This was a price 2 years ago after I looked. They were 233 for the 1900 fenders. And the weld on kit was 74. + 60 for shipping. This was from them directly. There are different hardware kits . I seen hardware kits for alot more . I was going to buy the buyers but they looked real flimsy and thin. U get what u pay for .


----------



## Flipper

So back to my question. Where can I get plastice window wells? I have lots of steel sitting here and can make brackets in an hour. I can buy galvanized ones from depot for $24 each. So for $50, some scrap steel, some bolts and an hour time, I can make something. Seems worth it to me. Just looking for where to get plastic window wells.


----------



## schmol

Flipper;1587916 said:


> So back to my question. Where can I get plastice window wells? I have lots of steel sitting here and can make brackets in an hour. I can buy galvanized ones from depot for $24 each. So for $50, some scrap steel, some bolts and an hour time, I can make something. Seems worth it to me. Just looking for where to get plastic window wells.


X2. I can only find the galvanized ones :crying:


----------



## Justinpost440

Manards is where I bought mine


----------



## SnowGuy73

That looks really sharp, nice job!


----------



## ajordan193

Both lowes and home depot carry the plastic window wells


----------



## Greenmtboy

ajordan193;1588045 said:


> both lowes and home depot carry the plastic window wells


x2........


----------



## Flipper

I guess mine don't. A little digging and I found them at one close by.

15" of snow coming so that project will have to be delayed.


----------



## K&L Salting

*Fenders*

I just bought a set of Buyers, for 22.5 tires, and paid less then $130.00 for the set.


----------



## Greenmtboy

K&L Salting;1588716 said:


> I just bought a set of Buyers, for 22.5 tires, and paid less then $130.00 for the set.

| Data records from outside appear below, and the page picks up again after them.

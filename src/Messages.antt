-- ===== src/Messages.antt =====
-- formatters.js of src/console/jsre/deps/web3.js: what goes to the node and what comes from it.
-- A formatter takes a value to a value; `none` is an exception. An array or a function that stands
-- where an object is expected is left alone, as a primitive value is, and arrays and objects count
-- as no numbers. An array that prints as an address is refused.
pub mod Outputs
pub mod Laws
pub mod Addresses
mod Tests
use ultron.Prelude.{
  ℕ, ◌*◌, Bool, true, false, not, ◌&&◌, ◌||◌, Option, none, some, List, [], ◌∷◌, ◌++◌, map,
  if◌then◌else◌, length, length,
}
use mathlib.Core.Option
use ultron.Prelude.Int.{ℤ, pos}
use ultron.Text.{Text, codes, text_eq, starts_with}
use ultron.BigNumber.{BigNumber}
use ultron.Utils
use ultron.Utils.{Input, to_big_number, from_decimal, from_utf8, to_ascii}
use ultron.Utils.Address.{is_strict_address, is_address}
use ultron.Iban
use ultron.Iban.{Iban}
use ultron.Value.{
  Value, Values, Fields, undefined, null, bool, num, str, big, function, arr, obj, nil, cons, end,
  field, get, put, truthy, is_undefined, is_null, items, of_list,
}

infixl 5 ◌>>=◌
abbrev pub ◌>>=◌ {ℓ κ} : {A : Type ℓ} {B : Type κ} → Option A → (A → Option B) → Option B
none >>= k = none
some a >>= k = k a

-- Code that is not of this repository, or belongs to the run time: bignumber.js, crypto-js, the
-- package utf8, isFinite of a text, JSON.stringify.
pub record Runtime : Type 1 where
  pub big_number : BigNumber
  pub sha3 : Text → Text
  pub utf8_encode : Text → Text
  pub is_finite : Text → Bool
  pub stringify : Value big_number.Big → Text

-- The settings that the page may change.
pub record Config (Big : Type 0) : Type 0 where
  pub default_block : Value Big
  pub default_account : Value Big

-- defaultBlock: 'latest', defaultAccount: undefined
abbrev pub settings : {Big : Type 0} → Config Big
settings = record { default_block = str (codes "latest"); default_account = undefined }

-- new Iban(address)
abbrev pub iban_of : Text → Iban
iban_of s = record { iban = s }

module _ (rt : Runtime) where
  open rt use {big_number, sha3, utf8_encode, is_finite, stringify}

  -- number || 0, as toBigNumber takes it
  unfoldable pub to_input : Value big_number.Big → Input big_number.Big
  to_input undefined = Utils.number (pos 0)
  to_input null = Utils.number (pos 0)
  to_input (bool b) = Utils.boolean b
  to_input (num z) = Utils.number z
  to_input (str s) = Utils.text s
  to_input (big x) = Utils.big x
  to_input _ = Utils.text (codes "NaN")

  abbrev pub to_decimal : Value big_number.Big → Value big_number.Big
  to_decimal v = num (pos (big_number.to_number (to_big_number big_number (to_input v))))

  abbrev pub to_big : Value big_number.Big → Value big_number.Big
  to_big v = big (to_big_number big_number (to_input v))

  abbrev pub decimal_text : Value big_number.Big → Value big_number.Big
  decimal_text v = str (from_decimal big_number (to_input v))

  -- typeof null is 'object' too.
  unfoldable pub to_hex_value : Value big_number.Big → Text
  to_hex_value null = from_utf8 utf8_encode (stringify null)
  to_hex_value (arr vs) = from_utf8 utf8_encode (stringify (arr vs))
  to_hex_value (obj fs) = from_utf8 utf8_encode (stringify (obj fs))
  to_hex_value v = Utils.to_hex big_number is_finite (to_input v)

  abbrev pub is_predefined_block_number : Value big_number.Big → Bool
  is_predefined_block_number (str s) =
      text_eq s (codes "latest") || text_eq s (codes "pending") || text_eq s (codes "earliest")
  is_predefined_block_number _ = false

  unfoldable pub input_block_number : Value big_number.Big → Value big_number.Big
  unfolding text_eq
  input_block_number v =
      if is_undefined v
      then undefined
      else if is_predefined_block_number v
      then v
      else str (to_hex_value v)

  unfoldable pub input_default_block_number :
      Config big_number.Big → Value big_number.Big → Value big_number.Big
  input_default_block_number config v =
      if is_undefined v then config.default_block else input_block_number v

  -- A valid direct IBAN, a strict address, or another address, which gets 0x. The fuel of isValid is
  -- twice the length of the longest number.
  unfoldable pub input_address : Value big_number.Big → Option (Value big_number.Big)
  input_address (str s) = do
    valid ← Iban.is_valid 70 (iban_of s)
    if valid && Iban.is_direct (iban_of s)
        then some (str (codes "0x" ++ Iban.address big_number (iban_of s)))
        else if is_strict_address s
        then some (str s)
        else (is_address sha3 s >>= λ known. if known then some (str (codes "0x" ++ s)) else none)
  input_address _ = none

  -- options[key] !== undefined: the key is converted.
  abbrev pub decimal_key : Text → Fields big_number.Big → Fields big_number.Big
  decimal_key key fs =
      if is_undefined (get key fs) then fs else put key (decimal_text (get key fs)) fs

  unfoldable pub decimal_keys : Fields big_number.Big → Fields big_number.Big
  unfolding get put
  decimal_keys fs =
      decimal_key (codes "nonce") (
        decimal_key (codes "value") (decimal_key (codes "gas") (decimal_key (codes "gasPrice") fs)))

  -- options.from || config.defaultAccount
  unfoldable pub sender : Config big_number.Big → Fields big_number.Big → Value big_number.Big
  unfolding get truthy
  sender config fs =
      if truthy (get (codes "from") fs) then get (codes "from") fs else config.default_account

  -- An address under a key that is set; the address of a contract that is created is not.
  unfoldable pub address_key : Text → Fields big_number.Big → Option (Fields big_number.Big)
  unfolding get put truthy
  address_key key fs =
      if truthy (get key fs)
      then (input_address (get key fs) >>= λ a. some (put key a fs))
      else some fs

  unfoldable pub input_call :
      Config big_number.Big → Value big_number.Big → Option (Value big_number.Big)
  unfolding decimal_keys sender address_key
  input_call config undefined = none
  input_call config null = none
  input_call config (obj fs) = do
    from ← address_key (codes "from") (put (codes "from") (sender config fs) fs)
    to ← address_key (codes "to") from
    some (obj (decimal_keys to))
  input_call config v = some v

  -- Here the sender has to be an address.
  unfoldable pub input_transaction :
      Config big_number.Big → Value big_number.Big → Option (Value big_number.Big)
  unfolding decimal_keys sender address_key
  input_transaction config (obj fs) = do
    from ← input_address (sender config fs)
    to ← address_key (codes "to") (put (codes "from") from fs)
    some (obj (decimal_keys to))
  input_transaction config _ = none

  -- Topics that begin with 0x stay, others are encoded; only texts have indexOf here.
  unfoldable pub post_topics : List (Value big_number.Big) → Option (List (Value big_number.Big))
  post_topics [] = some []
  post_topics (str s ∷ vs) = do
    rest ← post_topics vs
    some (str (if starts_with (codes "0x") s then s else from_utf8 utf8_encode s) ∷ rest)
  post_topics (_ ∷ vs) = none

  -- One topic stands for the list of it, and none for the empty list.
  abbrev pub topic_list : Value big_number.Big → List (Value big_number.Big)
  topic_list (arr vs) = items vs
  topic_list v = if truthy v then v ∷ [] else []

  unfoldable pub input_post : Value big_number.Big → Option (Value big_number.Big)
  unfolding get put truthy
  input_post (obj fs) = do
    let ttl = put (codes "ttl") (decimal_text (get (codes "ttl") fs)) fs
    let work = put (codes "workToProve") (decimal_text (get (codes "workToProve") ttl)) ttl
    let priority = put (codes "priority") (decimal_text (get (codes "priority") work)) work
    topics ← post_topics (topic_list (get (codes "topics") priority))
    some (obj (put (codes "topics") (arr (of_list topics)) priority))
  input_post _ = none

Did that include mounting hardware & brackets?


----------



## ServiceOnSite

I wish i had pics of my set up. I have a topkick with 22.5's on it with a stainless salter without a bed. Just mounted to the frame.
I put a plate behind the overload springs and the window well opening fit the spread perfect. I hung a mudflap off of the bracket i made and it has worked out perfectly. I will try and get to the shop this week and grab a few pics and post them. Cheap, easy to install, and no screaming when they get damaged. Win win. Thumbs Up


----------



## ServiceOnSite

Also you not supposed to stand on them.


----------



## Bossman 92

Rc2505;1415482 said:


> I did the exact same thing about 8 months ago. I love it. I added 8 inches of conveyor belt to both the front and back of the window wells to add extra protection. I mounted mine by welding 4- 7/8 thin wall tubing to the frame of the truck on each fender, and added gussets for extra support. I will try and throw some pictures up later this week. I had a total investment of about 100 dollars in both sides.


How have these held up so far? Any pics of how you mounted them?

Thanks in advance


----------



## docsgmc

what about this? is this the same size?
http://www.lowes.com/pd_156941-5259...L=?Ns=p_product_qty_sales_dollar|1&facetInfo=


----------



## Antlerart06

Posting for my records I'm getting ready do this myself To my 2015 Dually under my dump flatbed


----------



## Antlerart06

docsgmc;1844052 said:


> what about this? is this the same size?
> http://www.lowes.com/pd_156941-5259...L=?Ns=p_product_qty_sales_dollar|1&facetInfo=


OP used the plastic window wells Like from Home Depot 24'' window wells On a dually Need cut it down to 22''

I did same thing to my Skidloader They held up to the cold very well


----------



## jmbones

Elite Property Services;1405635 said:


> Bought plastic window wells undercoated black and made brackets turned out real nice considering I only have $75 into project. I looked online for a plastic fender kit priceing was between $450-$923.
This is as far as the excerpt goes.